Carcinogenesis and tumorigenesis: Sildenafil has not demonstrated carcinogenicity in two rodent species studied.
Mutagenesis: Sildenafil has not demonstrated mutagenicity in vitro tests with bacteria and cells Chinese hamster ovary or clastogenesis in vitro studies on human lymphocytes and
live mouse micronucleus test.
Pregnancy and Reproduction: In rats and rabbits at doses between 20 and 40 times the maximum recommended in humans based on mg/m2 no evidence of teratogenicity or toxicity
the embryo or fetus. No problems were observed on fertility of female rats
or male. Since there is insufficient information on pregnant women, sildenafil
should not be administered during pregnancy.
No abnormalities were observed morphological or functional sperm
healthy volunteers receiving single doses of 100 mg of sildenafil orally.
Breastfeeding It is unknown whether sildenafil appears in breast milk.
Segurex is not indicated in children.
In people over 65 is recommended to adjust the dose (see Dosage and Body).
Adverse Reactions:
In Controlled Clinical trials, the discontinuation rate due to adverse events secondary to sildenafil (2.5%) is not statistically significant compared to the percentage discontinuation found in the placebo group (2.3%). The incidence of some increased adverse effects related to dose.
Following is the list of adverse reactions by device and frequency.
Qualifies as common to those present with an incidence greater than 2%. Highlights
those that occur most frequently in the active treatment group than in
the placebo group. Qualifies as occasional those observed with a frequency
less than 2% and whose relationship with sildenafil has not been established.
General. Frequent: flu syndrome. Infrequent: facial edema, thirst, photosensitivity,
shock, asthenia, chills, accidental falls, accidental injury.

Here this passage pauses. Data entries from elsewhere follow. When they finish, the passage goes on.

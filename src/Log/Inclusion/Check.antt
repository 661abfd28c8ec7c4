-- ===== src/Log/Inclusion/Check.antt =====
-- log.c: log_check_inclusion on a source that is out of date.
use daemonlib.Base.{
  ℕ, ◌+◌, ◌≤◌, ◌≡◌, refl, ap, ◌∙◌, subst, inl, inr, bit_or, Bool, true, false, not, ◌&&◌, Option,
  none, some, List, [], ◌∷◌, map, length, ltb, ◌==◌, if◌then◌else◌, Bool-cases, arith,
}
use daemonlib.Base.Int.{ℤ, pos, negsuc, int_ltb}
use daemonlib.ConfFile.{same_name}
use daemonlib.Log.Filter.{LogDebugFilter, all_groups, DebugFilters}
use daemonlib.Log.Filter.Bounds.{AreFilters}
use daemonlib.Log.Inclusion.{
  LogSource, source_name, max_source_lines, mask, all_or_none, mask_line, Groups, apply_named,
  apply_filter, apply_loop, update_source, line_groups, includes, is_included, level_debug,
  log_check_inclusion,
}
use daemonlib.Log.Inclusion.Masks.{IsGroup, includes-all_or_none}
use daemonlib.Log.Inclusion.Verdict.{
  verdict, line_verdict, line_filters, said, line_includes, Says, Says-line, Says-mask,
  all_or_none_bound, length-put_line, length-map,
}

module _ (name : List ℕ) (g n : ℕ) (is : IsGroup g) where
  abbrev named_line : Bool → Option ℕ → Option Bool → Option Bool
  named_line included none o = o
  named_line included (some l) o = if l == n then some included else o

  Says-named :
      (included b : Bool) (line : Option ℕ) (o : Option Bool) (x : Groups)
      → length x.1 + (elim line [ none ↦ 0 | some l ↦ 1 ]) ≤ max_source_lines
      → Says g n x b o
      → Says g n
          (apply_named included line x)
          (elim line [ none ↦ included | some l ↦ b ])
          (elim line [ none ↦ o | some l ↦ if l == n then some included else o ])
  Says-named included b none o (x, ls) room says = record {
    few = all_or_none_bound included;
    bound = says.bound;
    source = includes-all_or_none included g is;
    lines = says.lines;
  }
  Says-named included b (some l) o (x, ls) room says =
      Says-line g n l included b o x ls is (omega (arith, room)) says

  length-apply_named :
      (included : Bool) (line : Option ℕ) (x : Groups)
      → length (apply_named included line x).1 ≤ length x.1 + (elim line [ none ↦ 0 | some l ↦ 1 ])
  length-apply_named included none (x, ls) = omega arith
  length-apply_named included (some l) (x, ls) =
      length-put_line l (all_or_none included) (length ls) ls

  Says-loop :
      (fs : List LogDebugFilter) (x : Groups) (b : Bool) (o : Option Bool)
      → AreFilters fs
      → length x.1 + line_filters name fs ≤ max_source_lines
      → Says g n x b o
      → Says g n (apply_loop name fs x) (verdict name g fs b) (line_verdict name g n fs o)
  unfolding apply_loop apply_filter
  Says-loop [] x b o are room says = says
  Says-loop (f ∷ fs) x b o (filter, are) room says =
      elim (Bool-cases (same_name f.source_name name)) [
        | inl same ↦
            let room' : length x.1
                  + ((elim f.line [ none ↦ 0 | some l ↦ 1 ]) + line_filters name fs)
                ≤ max_source_lines =
              subst
                (λ c.
                  length x.1
                    + ((if c then elim f.line [ none ↦ 0 | some l ↦ 1 ] else 0)
                        + line_filters name fs)
                  ≤ max_source_lines)
                same room in
            rw same (
              Says-loop fs (apply_named f.included f.line x) _ _ are
                (omega (arith, length-apply_named f.included f.line x, room'))
                (Says-named f.included b f.line o x (omega (arith, room')) says))
        | inr other ↦
            let room' : length x.1 + line_filters name fs ≤ max_source_lines = omega (
              arith,
              subst
                  (λ c.
                    length x.1
                      + ((if c then elim f.line [ none ↦ 0 | some l ↦ 1 ] else 0)
                          + line_filters name fs)
                    ≤ max_source_lines)
                  other room,
            ) in
            rw other (
              Says-loop fs (mask f.included f.groups x.0, map (mask_line f.included f.groups) x.1) _
                _ are (omega (arith, length-map (mask_line f.included f.groups) x.1, room'))
                (Says-mask g n f.groups f.included b o x is (omega (arith, filter.2)) says))
      ]

-- What is let through of a debug message: the line decides if a filter is for it, and else the source.
abbrev pub decision : List ℕ → ℕ → ℤ → List LogDebugFilter → Bool
decision name g (negsuc k) fs = verdict name g fs true
decision name g (pos n) fs = elim (if ltb 0 n then line_verdict name g n fs none else none) [
  | none ↦ verdict name g fs true
  | some b ↦ b
]

-- A source whose groups and lines are those after all the filters.
abbrev pub IsUpdated : DebugFilters → List ℕ → LogSource → Type 0
IsUpdated d name source =
    (source.included_debug_groups, source.lines) ≡ apply_loop name d.filters (all_groups, [])

Says-start : (g n : ℕ) → IsGroup g → Says g n (all_groups, []) true none
unfolding line_groups
Says-start g n is = record {
  few = omega arith;
  bound = tt;
  source = includes-all_or_none true g is;
  lines = refl;
}

-- The choice between a line and its source.
decide :
    (c : Bool) (groups g : ℕ) (o : Option ℕ) (b : Bool) (v : Option Bool)
    → includes groups g ≡ b
    → said g o ≡ v
    → (elim (if c then o else none) [ some x ↦ includes x g | none ↦ includes groups g ])
      ≡ elim (if c then v else none) [ none ↦ b | some a ↦ a ]
decide false groups g o b v e f = e
decide true groups g none b v e f =
    subst (λ w. includes groups g ≡ elim w [ none ↦ b | some a ↦ a ]) f e
decide true groups g (some x) b v e f =
    subst (λ w. includes x g ≡ elim w [ none ↦ b | some a ↦ a ]) f refl

is_included_lem :
    (name : List ℕ) (fs : List LogDebugFilter) (source : LogSource) (g : ℕ) (line : ℤ)
    → (source.included_debug_groups, source.lines) ≡ apply_loop name fs (all_groups, [])
    → IsGroup g
    → AreFilters fs
    → line_filters name fs ≤ max_source_lines
    → is_included source g line ≡ decision name g line fs
unfolding is_included
is_included_lem name fs source g (negsuc k) e is are room =
    let says =
      Says-loop name g 0 is fs (all_groups, []) true none are (omega (arith, room))
        (Says-start g 0 is) in
    ap (λ x. includes x.0 g) e ∙ says.source
is_included_lem name fs source g (pos n) e is are room =
    let says =
      Says-loop name g n is fs (all_groups, []) true none are (omega (arith, room))
        (Says-start g n is) in
    decide (ltb 0 n) source.included_debug_groups g (line_groups n source.lines) _ _
      (ap (λ x. includes x.0 g) e ∙ says.source) (ap (λ x. line_includes g n x.1) e ∙ says.lines)

update_source_lem :
    (d : DebugFilters) (name : List ℕ) (source : LogSource)
    → int_ltb source.debug_filter_version (pos d.version) ≡ true
    → IsUpdated d name (update_source d name source)
      × ((update_source d name source).debug_filter_version ≡ pos d.version)
unfolding update_source
update_source_lem d name source old = rw old (refl, refl)

-- For a debug message that the level lets through, a source that is out of date is brought up to date,
-- and the message goes to the primary output exactly if the filters say so: the last filter that speaks
-- of the line, if there is one for it, and else the last one that speaks of the source. At most 16
-- filters are for lines of this source.
pub log_check_inclusion_lem :
    (result : ℕ) (override : Bool) (limit : ℤ) (d : DebugFilters) (source : LogSource) (g : ℕ)
    (line : ℤ)
    → IsGroup g
    → AreFilters d.filters
    → line_filters (source_name source) d.filters ≤ max_source_lines
    → int_ltb source.debug_filter_version (pos d.version) ≡ true
    → (not override && int_ltb limit level_debug) ≡ false
    → let (included, source') =
        log_check_inclusion result override limit d level_debug source g line in
      (included
        ≡ (if decision (source_name source) g line d.filters then bit_or result 1 else result))
      × IsUpdated d (source_name source) source'
      × (source'.debug_filter_version ≡ pos d.version)
unfolding log_check_inclusion
log_check_inclusion_lem result override limit d source g line is are room old level =
    let name = source_name source in
    let updated = update_source d name source in
    let (groups, version) = update_source_lem d name source old in
    let answer = is_included_lem name d.filters updated g line groups is are room in
    rw (level, ← answer)
      (elim (Bool-cases (is_included updated g line)) [
        | inl shown ↦ rw shown (refl, groups, version)
        | inr hidden ↦ rw hidden (refl, groups, version)
      ])
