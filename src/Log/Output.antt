-- ===== src/Log/Output.antt =====
-- log.c: log_set_output_unlocked, log_output and what log_forward does with a message: the outputs and
-- the rotation. What the outputs and the rotate function return are arguments.
pub mod Rotation
use daemonlib.Base.{
  ℕ, zero, suc, ◌+◌, ◌-◌, ◌*◌, bit_and, Bool, true, false, not, ◌&&◌, ◌||◌, Option, none, some,
  List, [], ◌∷◌, ◌++◌, length, ltb, leb, ◌==◌, if◌then◌else◌,
}
use daemonlib.Base.Int.{ℤ, pos, negsuc, int_leb, int_ltb}
use daemonlib.Log.Forward.{Message}

-- Where a message went: to an output, or to the platform.
pub data Shown : Type 0 where
  primary : ℕ → Message → Shown
  secondary : Message → Shown

-- `_output`, `_output_size`, whether there is a `_rotate` function, and `_rotate_countdown`; then what was
-- shown, and how often the rotate function was called.
pub record Output : Type 0 where
  pub output : Option ℕ
  pub output_size : ℤ
  pub rotate : Bool
  pub countdown : ℕ
  pub shown : List Shown
  pub rotations : ℕ

abbrev pub max_output_size : ℕ
max_output_size = 5 * 1024 * 1024

abbrev pub max_rotate_countdown : ℕ
max_rotate_countdown = 50

-- `status` is the size that `io_status` gives, or nothing if it fails.
pub log_set_output_unlocked : Option ℕ → Bool → Option ℤ → Output → Output
log_set_output_unlocked output rotate status o = record o {
  output = output;
  output_size = elim output [
    | none ↦ negsuc 0
    | some io ↦ if rotate then (elim status [ none ↦ negsuc 0 | some size ↦ size ]) else negsuc 0
  ];
  rotate = rotate;
  countdown = max_rotate_countdown;
}

-- `_output_size += length`, if neither is negative.
abbrev pub add_size : ℤ → ℤ → ℤ
add_size (pos size) (pos written) = pos (size + written)
add_size size written = size

abbrev pub show_primary : ℤ → Message → Output → Output
show_primary written message o = elim o.output [
  | none ↦ o
  | some io ↦ record o {
    output_size = add_size o.output_size written;
    shown = o.shown ++ (primary io message ∷ []);
  }
]

-- `written` is what `io_write` returns.
pub log_output : ℕ → ℤ → Message → Output → Output
log_output inclusion written message o =
    let o' = if not (bit_and inclusion 1 == 0) then show_primary written message o else o in
    if not (bit_and inclusion 2 == 0)
    then record o' { shown = o'.shown ++ (secondary message ∷ []) }
    else o'

-- The answers to one message: the bytes written, whether the rotate function fails, the size of the output
-- behind it, the message that it leaves, if its level is not `LOG_LEVEL_NONE`, with what
-- log_check_inclusion says of it and the bytes written of it.
pub record Answers : Type 0 where
  pub written : ℤ
  pub rotate_fails : Bool
  pub status : Option ℤ
  pub rotate_message : Option (ℕ × Message)
  pub rotate_written : ℤ

-- The condition under which the output is rotated.
abbrev pub is_due : Output → Bool
is_due o = o.rotate && (o.countdown == 0) && int_leb (pos max_output_size) o.output_size

abbrev pub rotate_output : Answers → Output → Output
rotate_output a o =
    let o' = record o { rotations = o.rotations + 1 } in
    if a.rotate_fails
    then log_set_output_unlocked none false none o'
    else log_set_output_unlocked o.output o.rotate a.status o'

abbrev pub show_rotated : Option (ℕ × Message) → ℤ → Output → Output
show_rotated none written o = o
show_rotated (some (inclusion, message)) written o =
    if not (inclusion == 0) then log_output inclusion written message o else o

-- What the inner loop of log_forward does with a message whose entry has the inclusion.
pub forward_message : Answers → ℕ → Message → Output → Output
forward_message a inclusion message o =
    let o1 = log_output inclusion a.written message o in
    let o2 = record o1 { countdown = o1.countdown - 1 } in
    if is_due o2 then show_rotated a.rotate_message a.rotate_written (rotate_output a o2) else o2

-- Messages in their order.
pub forward_messages : List (Answers × ℕ × Message) → Output → Output
forward_messages [] o = o
forward_messages ((a, inclusion, message) ∷ ms) o =
    forward_messages ms (forward_message a inclusion message o)
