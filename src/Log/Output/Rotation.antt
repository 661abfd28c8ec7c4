-- ===== src/Log/Output/Rotation.antt =====
-- log.c: how often the output is rotated.
use daemonlib.Base.{
  ℕ, suc, ◌+◌, ◌-◌, ◌*◌, ◌≤◌, ◌≡◌, refl, subst, Bool, true, false, not, ◌&&◌, Option, none, some,
  List, [], ◌∷◌, length, ◌==◌, if◌then◌else◌, Bool-cases, Option-cases, inl, inr, arith,
}
use daemonlib.Base.Int.{ℤ}
use daemonlib.Log.Forward.{Message}
use daemonlib.Log.Output.{
  Shown, Output, max_rotate_countdown, log_set_output_unlocked, show_primary, log_output, Answers,
  is_due, rotate_output, show_rotated, forward_message, forward_messages,
}

-- The countdown and the number of rotations.
abbrev Same : Output → Output → Type 0
Same o o' = (o'.countdown ≡ o.countdown) × (o'.rotations ≡ o.rotations)

show_primary-Same : (written : ℤ) (m : Message) (o : Output) → Same o (show_primary written m o)
show_primary-Same written m o = elim (Option-cases o.output) [
  | inl closed ↦ rw closed (refl, refl)
  | inr (io, open_output) ↦ rw open_output (refl, refl)
]

shown_too-Same :
    (b : Bool) (s : List Shown) (o o' : Output)
    → Same o o'
    → Same o (if b then record o' { shown = s } else o')
shown_too-Same true s o o' same = same
shown_too-Same false s o o' same = same

first-Same :
    (b : Bool) (written : ℤ) (m : Message) (o : Output)
    → Same o (if b then show_primary written m o else o)
first-Same true written m o = show_primary-Same written m o
first-Same false written m o = (refl, refl)

log_output-Same :
    (inclusion : ℕ) (written : ℤ) (m : Message) (o : Output)
    → Same o (log_output inclusion written m o)
unfolding log_output
log_output-Same inclusion written m o = shown_too-Same _ _ o _ (first-Same _ written m o)

show_rotated-Same :
    (r : Option (ℕ × Message)) (written : ℤ) (o : Output) → Same o (show_rotated r written o)
show_rotated-Same none written o = (refl, refl)
show_rotated-Same (some (inclusion, m)) written o = elim (Bool-cases (not (inclusion == 0))) [
  | inl included ↦ rw included (log_output-Same inclusion written m o)
  | inr excluded ↦ rw excluded (refl, refl)
]

rotate_output_lem :
    (a : Answers) (o : Output)
    → ((rotate_output a o).countdown ≡ max_rotate_countdown)
      × ((rotate_output a o).rotations ≡ o.rotations + 1)
unfolding log_set_output_unlocked
rotate_output_lem a o = elim (Bool-cases a.rotate_fails) [
  | inl failed ↦ rw failed (refl, refl)
  | inr done ↦ rw done (refl, refl)
]

and3_second : (a b c : Bool) → (a && b && c) ≡ true → b ≡ true
and3_second true true c h = refl
and3_second true false c h = absurd (ground arith)
and3_second false b c h = absurd (ground arith)

-- After `n` messages.
abbrev pub Paced : ℕ → Output → Type 0
Paced n o =
    (max_rotate_countdown * o.rotations ≤ n + o.countdown) × (o.countdown ≤ max_rotate_countdown)

-- What is done behind the countdown, if the output is rotated or not.
Paced-step :
    (a : Answers) (o : Output) (n : ℕ)
    → max_rotate_countdown * o.rotations ≤ n + 1 + o.countdown
    → o.countdown ≤ max_rotate_countdown
    → Paced
        (n + 1)
        (if is_due o then show_rotated a.rotate_message a.rotate_written (rotate_output a o) else o)
Paced-step a o n le low = elim (Bool-cases (is_due o)) [
  | inr later ↦ rw later (le, low)
  | inl due ↦
      let zero_left : (o.countdown == 0) ≡ true = and3_second o.rotate (o.countdown == 0) _ due in
      let (c, r) = rotate_output_lem a o in
      let (c', r') = show_rotated-Same a.rotate_message a.rotate_written (rotate_output a o) in
      let none_left : o.countdown ≡ 0 = ground (arith, zero_left) in
      rw due (omega (arith, le, c, r, c', r', none_left), omega (arith, c, c'))
]

forward_message-Paced :
    (a : Answers) (inclusion : ℕ) (m : Message) (o : Output) (n : ℕ)
    → Paced n o
    → Paced (n + 1) (forward_message a inclusion m o)
unfolding forward_message
forward_message-Paced a inclusion m o n (le, low) =
    let o1 = log_output inclusion a.written m o in
    let (c, r) = log_output-Same inclusion a.written m o in
    Paced-step a (record o1 { countdown = o1.countdown - 1 }) n (omega (arith, le, c, r))
      (omega (arith, low, c))

-- The output is rotated at most once in 50 messages: if 50 times the rotations so far are at most the
-- messages so far and the countdown, and this is at most 50, then the same holds after more messages,
-- whatever the outputs and the rotate function answer.
pub forward_messages-Paced :
    (ms : List (Answers × ℕ × Message)) (o : Output) (n : ℕ)
    → Paced n o
    → Paced (n + length ms) (forward_messages ms o)
unfolding forward_messages
forward_messages-Paced [] o n (le, low) = (omega (arith, le), low)
forward_messages-Paced ((a, inclusion, m) ∷ ms) o n paced =
    let e : n + 1 + length ms ≡ n + suc (length ms) = omega arith in
    subst (λ k. Paced k (forward_messages ms (forward_message a inclusion m o))) e
      (forward_messages-Paced ms (forward_message a inclusion m o) (n + 1)
        (forward_message-Paced a inclusion m o n paced))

Cardiovascular. Uncommon: chest pain, AV block, tachycardia, palpitations, hypotension,
orthostatic hypotension, myocardial ischemia, heart failure, heart failure,
ECG changes, syncope, cardiomyopathy.
Digestive. Common: dyspepsia, diarrhea. Dyspepsia is more common with doses of
100 mg with respect to the above. Occasional abdominal pain, vomiting, glossitis, dysphagia,
gastritis, gastroenteritis, esophagitis, stomatitis, dry mouth, rectal hemorrhage, gingivitis.
Endocrine. Infrequent: gout, diabetes, peripheral edema, hyperglycemia, hypoglycemia, hypernatremia,
hyperuricemia.
Haemolymphatic. Infrequent: anemia, leukopenia.
Musculoskeletal. Common: back pain, arthralgia. Infrequent: arthritis, arthrosis, myalgia,
tenosynovitis, myasthenia, bone pain, tendon rupture.
Neurological. Common: headache, vertigo. Uncommon: migraine, ataxia, hypertonia, neuropathy,
tremor, dizziness, hyporeflexia, paresthesia, hyperesthesia, mydriasis, tinnitus.
Psychiatric. Infrequent: depression, insomnia, nightmares, drowsiness.
Respiratory. Common: upper respiratory tract infection, nasal congestion. Casual
asthma, dyspnea, pharyngitis, laryngitis, sinusitis, bronchitis, cough, increased sputum production.
Dermatological. Common: flushing, rash. Casual: herpes simplex, urticaria, pruritus,
ulcer, contact dermatitis, exfoliative dermatitis, excessive sweating.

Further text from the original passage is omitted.